The procedure is equally simple:
- Each trainee is given one statement and scale (one strip).
- Everyone reads their own statement slip first, reflects on it, then marks the scale with an X according to whether and how much they agree or not. Strong agreement, for instance, will look like this: Agree <-x——Disagree
- Participants now share what is on their slip and their feelings about it, in an attempt to find someone who is of the same opinion to the same extent.
- Once all of them have spoken to several others, give your talk. Try to pay particular attention to your listeners’ reactions: they will tend to respond especially well to the part of the talk that deals with “their” perception of the issue. They may also show interest in your position towards the topic under discussion.

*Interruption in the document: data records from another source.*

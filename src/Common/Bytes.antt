-- ===== src/Common/Bytes.antt =====
-- Byte storage as a function of the position, and numbers as little-endian bytes
-- (encoding/binary's LittleEndian.PutUint64 and Uint64, and the built-in copy).
use Prim.Native.Nat.{ℕ, zero, suc, ◌+◌, ◌-◌, ◌*◌, ◌/◌, ◌%◌, ◌^◌, ◌≤◌, ◌<◌, min}
use mathlib.Core.Path.{◌≡◌, refl, ap, ap₂}
use mathlib.Core.Logic.{◌⊎◌, inl, inr}
use mathlib.Core.Bool.{◌&&◌}
use mathlib.Core.List.{List, [], ◌∷◌}
use native.Mathlib.Omega.{arith}
use native.Mathlib.Nat.{pow-suc}
use mass_net_miner.Common.Tests.{ltb, leb, if◌then◌else◌}
use mass_net_miner.Common.Lists.{length, get_or, take, drop, replicate}

abbrev pub Bytes : Type 0
Bytes = List ℕ

-- The bytes of a medium, by position. A hole and what lies past the end read as 0.
abbrev pub Cells : Type 0
Cells = ℕ → ℕ

unfoldable pub read : Cells → ℕ → ℕ → Bytes
read m pos zero = []
read m pos (suc n) = m pos ∷ read m (pos + 1) n

-- The bytes `bs` put at `pos`, all else as it was.
unfoldable pub patch : Cells → ℕ → Bytes → Cells
patch m pos bs i = if leb pos i && ltb i (pos + length bs) then get_or bs (i - pos) 0 else m i

pub length-read : (m : Cells) (pos n : ℕ) → length (read m pos n) ≡ n
unfolding read
length-read m pos zero = refl
length-read m pos (suc n) = ap suc (length-read m (pos + 1) n)

-- Reading looks at its range only.
pub read-ext :
    (m m' : Cells) (pos n : ℕ)
    → ((i : ℕ) → pos ≤ i → i < pos + n → m i ≡ m' i)
    → read m pos n ≡ read m' pos n
unfolding read
read-ext m m' pos zero h = refl
read-ext m m' pos (suc n) h =
    ap₂ ◌∷◌ (h pos (omega arith) (omega arith))
      (read-ext m m' (pos + 1) n (λ i a b. h i (omega arith) (omega arith)))

pub patch-outside :
    (m : Cells) (pos : ℕ) (bs : Bytes) (i : ℕ)
    → (i < pos) ⊎ (pos + length bs ≤ i)
    → patch m pos bs i ≡ m i
unfolding patch
patch-outside m pos bs i h = ground arith

pub patch-inside :
    (m : Cells) (pos : ℕ) (bs : Bytes) (i : ℕ)
    → i < length bs
    → patch m pos bs (pos + i) ≡ get_or bs i 0
unfolding patch
patch-inside m pos bs i h = let e : pos + i - pos ≡ i = omega arith in rw e (ground arith)

-- A write that ends before the range, or begins behind it, is not seen.
pub read-patch_apart :
    (m : Cells) (pos : ℕ) (bs : Bytes) (at n : ℕ)
    → (at + n ≤ pos) ⊎ (pos + length bs ≤ at)
    → read (patch m pos bs) at n ≡ read m at n
read-patch_apart m pos bs at n h =
    read-ext _ _ at n (λ i a b. patch-outside m pos bs i (split i a b h))
  where
    split :
        (i : ℕ)
        → at ≤ i
        → i < at + n
        → (at + n ≤ pos) ⊎ (pos + length bs ≤ at)
        → (i < pos) ⊎ (pos + length bs ≤ i)
    split i a b (inl l) = inl (omega arith)
    split i a b (inr r) = inr (omega arith)

-- The bytes from `at` are those of `bs` when the cells are.
pub read-eq_of_cells :
    (m : Cells) (at : ℕ) (bs : Bytes)
    → ((i : ℕ) → i < length bs → m (at + i) ≡ get_or bs i 0)
    → read m at (length bs) ≡ bs
unfolding read
read-eq_of_cells m at [] h = refl
read-eq_of_cells m at (b ∷ bs) h =
    ap₂ ◌∷◌ (subst_zero (h zero (omega arith)))
      (read-eq_of_cells m (at + 1) bs (λ i l. shift i (h (suc i) (omega arith))))
  where
    subst_zero : m (at + 0) ≡ b → m at ≡ b
    subst_zero e = let z : at + 0 ≡ at = omega arith in rw z at e

    shift : (i : ℕ) → m (at + suc i) ≡ get_or bs i 0 → m (at + 1 + i) ≡ get_or bs i 0
    shift i e = let z : at + suc i ≡ at + 1 + i = omega arith in rw z at e

-- What was written is read back.
pub read-patch_self :
    (m : Cells) (pos : ℕ) (bs : Bytes) → read (patch m pos bs) pos (length bs) ≡ bs
read-patch_self m pos bs =
    read-eq_of_cells (patch m pos bs) pos bs (λ i l. patch-inside m pos bs i l)

pub read-patch_eq :
    (m : Cells) (pos : ℕ) (bs : Bytes) (n : ℕ) → length bs ≡ n → read (patch m pos bs) pos n ≡ bs
read-patch_eq m pos bs n e = rw (← e) (read-patch_self m pos bs)

-- The cell `j` of the bytes read is the cell `pos + j` of the medium.
pub get_or-read : (m : Cells) (pos n j : ℕ) → j < n → get_or (read m pos n) j 0 ≡ m (pos + j)
unfolding read
get_or-read m pos zero j h = absurd (omega arith)
get_or-read m pos (suc n) zero h = let z : pos + 0 ≡ pos = omega arith in rw z
get_or-read m pos (suc n) (suc j) h =
    let z : pos + 1 + j ≡ pos + suc j = omega arith in
    rw (← z) (get_or-read m (pos + 1) n j (omega arith))

pub take-read : (m : Cells) (n pos k : ℕ) → take n (read m pos k) ≡ read m pos (min n k)
unfolding read
take-read m zero pos k = let e : min 0 k ≡ 0 = omega arith in rw e
take-read m (suc n) pos zero = let e : min (suc n) 0 ≡ 0 = omega arith in rw e
take-read m (suc n) pos (suc k) =
    let e : min (suc n) (suc k) ≡ suc (min n k) = omega arith in
    rw e (ap (◌∷◌ (m pos)) (take-read m n (pos + 1) k))

pub drop-read : (m : Cells) (k pos j : ℕ) → drop k (read m pos (k + j)) ≡ read m (pos + k) j
unfolding read
drop-read m zero pos j =
    let z : pos + 0 ≡ pos = omega arith in let w : 0 + j ≡ j = omega arith in rw (z, w) refl
drop-read m (suc k) pos j =
    let z : suc k + j ≡ suc (k + j) = omega arith in
    let w : pos + suc k ≡ pos + 1 + k = omega arith in rw (z, w) (drop-read m k (pos + 1) j)

-- Little-endian bytes.
unfoldable pub le_bytes : ℕ → ℕ → Bytes
le_bytes zero v = []
le_bytes (suc n) v = (v % 256) ∷ le_bytes n (v / 256)

unfoldable pub from_le : Bytes → ℕ
from_le [] = 0
from_le (b ∷ bs) = b + 256 * from_le bs

pub length-le_bytes : (n v : ℕ) → length (le_bytes n v) ≡ n
unfolding le_bytes
length-le_bytes zero v = refl
length-le_bytes (suc n) v = ap suc (length-le_bytes n (v / 256))

pub from_le-le_bytes : (n v : ℕ) → v < 256 ^ n → from_le (le_bytes n v) ≡ v
unfolding le_bytes from_le
from_le-le_bytes zero v h = omega arith
from_le-le_bytes (suc n) v h =
    let below : v < 256 ^ n * 256 = rw (← pow-suc) h in
    omega (arith, from_le-le_bytes n (v / 256) (omega arith))

-- The width of the number does not matter to its lower bytes.
pub le_bytes-injective :
    (n v w : ℕ) → v < 256 ^ n → w < 256 ^ n → le_bytes n v ≡ le_bytes n w → v ≡ w
le_bytes-injective n v w hv hw e =
    omega (arith, from_le-le_bytes n v hv, from_le-le_bytes n w hw, ap from_le e)

pub read-zeros : (pos n : ℕ) → read (λ _. 0) pos n ≡ replicate n 0
unfolding read
read-zeros pos zero = refl
read-zeros pos (suc n) = ap (◌∷◌ 0) (read-zeros (pos + 1) n)

-- Two ranges with the same cells read alike.
pub read-shift :
    (m m' : Cells) (p q n : ℕ)
    → ((i : ℕ) → i < n → m (p + i) ≡ m' (q + i))
    → read m p n ≡ read m' q n
unfolding read
read-shift m m' p q zero h = refl
read-shift m m' p q (suc n) h =
    ap₂ ◌∷◌ (first (h 0 (omega arith)))
      (read-shift m m' (p + 1) (q + 1) n (λ i l. next i (h (suc i) (omega arith))))
  where
    first : m (p + 0) ≡ m' (q + 0) → m p ≡ m' q
    first e = let a : p + 0 ≡ p = omega arith in let b : q + 0 ≡ q = omega arith in rw (a, b) at e

    next : (i : ℕ) → m (p + suc i) ≡ m' (q + suc i) → m (p + 1 + i) ≡ m' (q + 1 + i)
    next i e =
        let a : p + suc i ≡ p + 1 + i = omega arith in
        let b : q + suc i ≡ q + 1 + i = omega arith in rw (a, b) at e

- The last stage, when the lecture is over, sees the trainer encouraging the group to pool the key points they have been able to identify throughout. As an alternative, the talk may finish a little earlier then expected, leaving trainees to the open-ended discussion thus created. The chance is that individuals will readily, and strongly, recall the central aspects of the lecture referred to on their own sheets of statements and scales.
This activity of sharing information is particularly useful when content is likely to go against established opinions, the initial stages of reading, thinking, and exchanging ideas
making participants aware of their own knowledge or opinions on the theme while keeping their attention focused on the task in which they are engaged.

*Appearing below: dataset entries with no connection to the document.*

-- ===== src/Configure.antt =====
-- poc/engine/spacekeeper/capacity/capacity.go: how the keeper chooses, makes and applies spaces until a
-- configured size is filled. Sizes are Go ints that are not negative, and stay below the target's
-- 2 ^ 63, so that no sum wraps.
pub mod Fill
pub mod Bounds
pub mod Outcome
pub mod Generate
pub mod Apply
pub mod Applied
pub mod InUse
pub mod Configured
mod Tests
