-- ===== src/Keeper/Index.antt =====
-- poc/engine/spacekeeper/capacity/workspace.go, WorkSpaceMap: from the id of a space to its pointer.
-- The concurrent map is a list of pairs; an id is its string, of which the keeper only uses equality,
-- and stands as a number. A pointer is a number too.
use mass_net_miner.Common.{ℕ, ◌≡◌, List, [], ◌∷◌, Option, none, some, arith, ◌==◌, if◌then◌else◌}

abbrev pub Sid : Type 0
Sid = ℕ

abbrev pub Ref : Type 0
Ref = ℕ

abbrev pub SpaceMap : Type 0
SpaceMap = List (Sid × Ref)

unfoldable pub get : SpaceMap → Sid → Option Ref
get [] sid = none
get ((k, r) ∷ m) sid = if k == sid then some r else get m sid

unfoldable pub drop_key : SpaceMap → Sid → SpaceMap
drop_key [] sid = []
drop_key ((k, r) ∷ m) sid = let rest = drop_key m sid in if k == sid then rest else (k, r) ∷ rest

unfoldable pub put : SpaceMap → Sid → Ref → SpaceMap
put m sid r = (sid, r) ∷ drop_key m sid

pub get-drop_key :
    (m : SpaceMap) (sid k : Sid) → get (drop_key m sid) k ≡ (if sid == k then none else get m k)
unfolding get drop_key
get-drop_key [] sid k = ground arith
get-drop_key ((j, r) ∷ m) sid k = ground (arith, get-drop_key m sid k)

pub get-put :
    (m : SpaceMap) (sid : Sid) (r : Ref) (k : Sid)
    → get (put m sid r) k ≡ (if sid == k then some r else get m k)
unfolding get put
get-put m sid r k = ground (arith, get-drop_key m sid k)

Knowing they have already got the key-points through discussions between them, trainees can finally relax and enjoy the lecture – a well-deserved reward and also the best part of this training encounter, as nothing compares to the excitement given by the sense of achievement.
c) The Mind-Map Lecture
There are mainly five procedural steps in this information-sharing activity:
- The title of the talk is stated and written in the center of the chalkboard.

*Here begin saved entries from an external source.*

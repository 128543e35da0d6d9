-- ===== src/Engine.antt =====
-- poc/engine/engine.go: the states of a work space, their flags, and the actions.
pub mod Flags
mod Tests
use Prim.Native.Nat.{bit_and}
use mass_net_miner.Common.{ℕ, ◌^◌, Bool, ◌&&◌, List, [], ◌∷◌, leb, ◌==◌, if◌then◌else◌}

-- `iota` gives the states the numbers 0 to 3. No function of the repository makes another state.
pub data WorkSpaceState : Type 0 where
  registered plotting ready mining : WorkSpaceState

abbrev pub number : WorkSpaceState → ℕ
number registered = 0
number plotting = 1
number ready = 2
number mining = 3

abbrev pub WorkSpaceStateFlags : Type 0
WorkSpaceStateFlags = ℕ

-- Flag: 1 << s
unfoldable pub flag : WorkSpaceState → WorkSpaceStateFlags
flag s = 2 ^ number s

abbrev pub sf_all : WorkSpaceStateFlags
sf_all = 15

unfoldable pub is_none : WorkSpaceStateFlags → Bool
is_none f = bit_and f sf_all == 0

unfoldable pub contains : WorkSpaceStateFlags → WorkSpaceStateFlags → Bool
contains f g = bit_and f g == g

-- The loop from FirstState to LastState.
unfoldable states_from : WorkSpaceStateFlags → List WorkSpaceState → List WorkSpaceState
states_from f [] = []
states_from f (s ∷ rest) =
    let others = states_from f rest in if contains f (flag s) then s ∷ others else others

unfoldable pub states : WorkSpaceStateFlags → List WorkSpaceState
unfolding states_from contains flag
states f = states_from f (registered ∷ plotting ∷ ready ∷ mining ∷ [])

-- An ActionType is a uint8.
abbrev pub ActionType : Type 0
ActionType = ℕ

abbrev pub plot : ActionType
plot = 0

abbrev pub mine : ActionType
mine = 1

abbrev pub stop : ActionType
stop = 2

abbrev pub remove : ActionType
remove = 3

abbrev pub delete : ActionType
delete = 4

unfoldable pub action_is_valid : ActionType → Bool
action_is_valid act = leb plot act && leb act delete
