-- ===== src/Keeper/State.antt =====
-- The state of the space keeper (capacity.go, space_plotter.go), and the parts that its methods share.
-- A work space and a queued request are objects that several places point to, so that both live in a
-- store. The priority queue is the bag of its requests: which one is popped is an argument.
use mass_net_miner.Common.{
  ℕ, suc, Bool, true, false, List, [], ◌∷◌, ◌++◌, Option, none, some, ◌==◌, if◌then◌else◌, length,
  leb,
}
use mass_net_miner.Engine.{WorkSpaceState, registered, plotting, ready, mining}
use mass_net_miner.Keeper.Index.{Sid, Ref, SpaceMap, get, drop_key, put}

-- `delete_failed` and `stop_failed` stand for errors that MassDB's Delete and StopPlot report.
pub data SkError : Type 0 where
  does_not_exist is_not_plotting is_not_still invalid_action unimplemented_action : SkError
  delete_failed stop_failed : SkError

pub record WorkSpace : Type 0 where
  pub id : Sid
  pub state : WorkSpaceState
  pub using : Bool

abbrev pub QueuedRef : Type 0
QueuedRef = ℕ

pub record QueuedWorkSpace : Type 0 where
  pub ws : Ref
  pub would_mining : Bool

-- Where the plotter's goroutine stands: at the top of its loop, in the loop of addSpaces, behind an
-- Empty that was false (the lock is not held between Empty and PopItem), behind PopItem, or in Step
-- 2 of plotSpace, which waits for the plot.
pub data Plotter : Type 0 where
  idle adding awake : Plotter
  taken : QueuedRef → Plotter
  busy : QueuedRef → Plotter

-- workSpaceIndex is `by_state` and, for allState, `all`; workSpaceList is `list`;
-- newQueuedWorkSpaceCh is `channel`.
pub record SpaceKeeper : Type 0 where
  pub heap : Ref → WorkSpace
  pub by_state : WorkSpaceState → SpaceMap
  pub all : SpaceMap
  pub list : List Ref
  pub queue : List QueuedRef
  pub popped : Option QueuedRef
  pub queued : QueuedRef → QueuedWorkSpace
  pub next_queued : QueuedRef
  pub channel : List QueuedRef
  pub plotter : Plotter

-- plotterMaxChanSize
abbrev pub plotter_max_chan_size : ℕ
plotter_max_chan_size = 1024

-- How a call of MassDB's StopPlot ends. MassDBV1 reports nil, or closes a channel that is nil or
-- closed, which panics: nil between the CompareAndSwap and the make of its Plot, and closed when the
-- monitor of the plotter, or another StopWS, has stopped the same plot.
pub data StopReply : Type 0 where
  stop_reports : Option SkError → StopReply
  stop_breaks : StopReply

-- What the calls of MassDB come to that an action makes: at most one of them.
pub record DbReplies : Type 0 where
  pub delete_reply : Option SkError
  pub stop_reply : StopReply

-- A method returns, waits for room in the channel while it holds the lock, or panics.
pub data Reply : Type 0 where
  done : SpaceKeeper → Option SkError → Reply
  blocks panics : Reply

abbrev pub put_at {ℓ} : {A : Type ℓ} → (ℕ → A) → ℕ → A → ℕ → A
put_at f p v i = if p == i then v else f i

abbrev pub same_state : WorkSpaceState → WorkSpaceState → Bool
same_state registered registered = true
same_state plotting plotting = true
same_state ready ready = true
same_state mining mining = true
same_state _ _ = false

abbrev pub update_state :
    (WorkSpaceState → SpaceMap) → WorkSpaceState → SpaceMap → WorkSpaceState → SpaceMap
update_state f s m t = if same_state s t then m else f t

-- The id of the space that a request is for.
abbrev pub sid_of : SpaceKeeper → QueuedRef → Sid
sid_of k q = (k.heap (k.queued q).ws).id

-- workSpaceIndex[old].Delete(sid); workSpaceIndex[new].Set(sid, ws); ws.state = new
unfoldable pub move : SpaceKeeper → WorkSpaceState → WorkSpaceState → Sid → Ref → SpaceKeeper
move k old new sid r =
    let without = update_state k.by_state old (drop_key (k.by_state old) sid) in
    record k {
      by_state = update_state without new (put (without new) sid r);
      heap = put_at k.heap r (record (k.heap r) { state = new });
    }

-- plotterQueue.Delete: all requests are popped, and those of other spaces pushed back.
unfoldable pub keep_others : SpaceKeeper → Sid → List QueuedRef → List QueuedRef
keep_others k sid [] = []
keep_others k sid (q ∷ qs) =
    let rest = keep_others k sid qs in if sid_of k q == sid then rest else q ∷ rest

unfoldable pub queue_delete : SpaceKeeper → Sid → SpaceKeeper
unfolding keep_others
queue_delete k sid = record k { queue = keep_others k sid k.queue }

-- newQueuedWorkSpace, sent to the channel.
unfoldable pub send : SpaceKeeper → Ref → Bool → Reply
send k r would_mining =
    if leb plotter_max_chan_size (length k.channel)
    then blocks
    else done
        (record k {
          queued = put_at k.queued k.next_queued (record { ws = r; would_mining = would_mining });
          next_queued = suc k.next_queued;
          channel = k.channel ++ (k.next_queued ∷ []);
        })
        none

-- The space is plotting: what shall become of it is noted in the request that the plotter holds.
unfoldable pub redirect : SpaceKeeper → Sid → Bool → Reply
redirect k sid would_mining = elim (k.popped) [
  | none ↦ panics
  | some q ↦
      if sid_of k q == sid
      then done
          (record k {
            queued = put_at k.queued q (record (k.queued q) { would_mining = would_mining });
          })
          none
      else done k (some is_not_plotting)
]

-- NewSpaceKeeperV1: the indexes and the queue are empty.
unfoldable pub new_space_keeper : (Ref → WorkSpace) → SpaceKeeper
new_space_keeper heap = record {
  heap = heap;
  by_state = λ s. [];
  all = [];
  list = [];
  queue = [];
  popped = none;
  queued = λ q. record { ws = 0; would_mining = false };
  next_queued = 0;
  channel = [];
  plotter = idle;
}

-- addWorkSpaceToIndex, without workSpacePaths
unfoldable pub add_work_space_to_index : SpaceKeeper → Ref → SpaceKeeper
add_work_space_to_index k r =
    let sid = (k.heap r).id in
    let s = (k.heap r).state in
    elim (get k.all sid) [
      | some _ ↦ k
      | none ↦ record k {
        all = put k.all sid r;
        by_state = update_state k.by_state s (put (k.by_state s) sid r);
      }
    ]

-- generateInitialIndex calls it for each space that it finds.
unfoldable pub add_work_spaces : SpaceKeeper → List Ref → SpaceKeeper
unfolding add_work_space_to_index
add_work_spaces k [] = k
add_work_spaces k (r ∷ rs) = add_work_spaces (add_work_space_to_index k r) rs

- The chief areas to be covered are specified. While explaining them, the trainer is drawing main branches out from the central title on the board, giving each one a label to show the main area it represents. The labels are written in CAPITALS along the branches.
- As the lecture progresses, more branches, and even sub-branches, are added in order to map further ideas and information onto the board. The result is continuous talk and visual support. Any statistics or heavy detail are to be recorded separately, in note form, on another board.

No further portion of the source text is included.